(Saved entries)

-- ===== src/Kube/Calls/Laws.antt =====
-- internal/runtime/kubernetes.go: which pods Create and Resume submit.
use cloud_agent_sandbox.Base.{◌≡◌, ap, true, Text}
use cloud_agent_sandbox.Config.Model.{SandboxConfig}
use cloud_agent_sandbox.Runtime.Model.{SandboxSpec}
use cloud_agent_sandbox.Kube.Model.{Pod}
use cloud_agent_sandbox.Kube.Pod.{pvc_name, build_pod}
use cloud_agent_sandbox.Kube.Pod.Laws.{is_admissible, build_pod_admissible}
use cloud_agent_sandbox.Kube.Calls.{Api, CreatePod, create, create_with, resume, resume_with}

-- Create and Resume submit no pod but one that the admission check lets pass: two ways to create a
-- pod that agree on the admissible ones make no difference to them, in any state and however the
-- other calls end.
pub create_admissible :
    {P : Type 0} (api : Api P) (sc : SandboxConfig) (spec : SandboxSpec) (f g : CreatePod P)
    → ((pod : Pod) (p : P) → is_admissible spec.run_as_root pod ≡ true → f pod p ≡ g pod p)
    → (p : P) (pvc : Text)
    → (create api sc f spec p ≡ create api sc g spec p)
      × (resume api sc f spec pvc p ≡ resume api sc g spec pvc p)
unfolding create resume
create_admissible api sc spec f g agree p pvc =
    let same : (c : Text) → f (build_pod sc spec c) ≡ g (build_pod sc spec c) =
      λ c i q. (agree (build_pod sc spec c) q (build_pod_admissible sc spec c)) i in
    (
      ap (λ s. create_with api sc spec s p) (same (pvc_name spec.session_id)),
      ap (λ s. resume_with api spec s p) (same pvc),
    )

Problem description =>
Read the entries and show each line that mentions "Model".

Response area =>
use cloud_agent_sandbox.Config.Model.{SandboxConfig}
use cloud_agent_sandbox.Runtime.Model.{SandboxSpec}
use cloud_agent_sandbox.Kube.Model.{Pod}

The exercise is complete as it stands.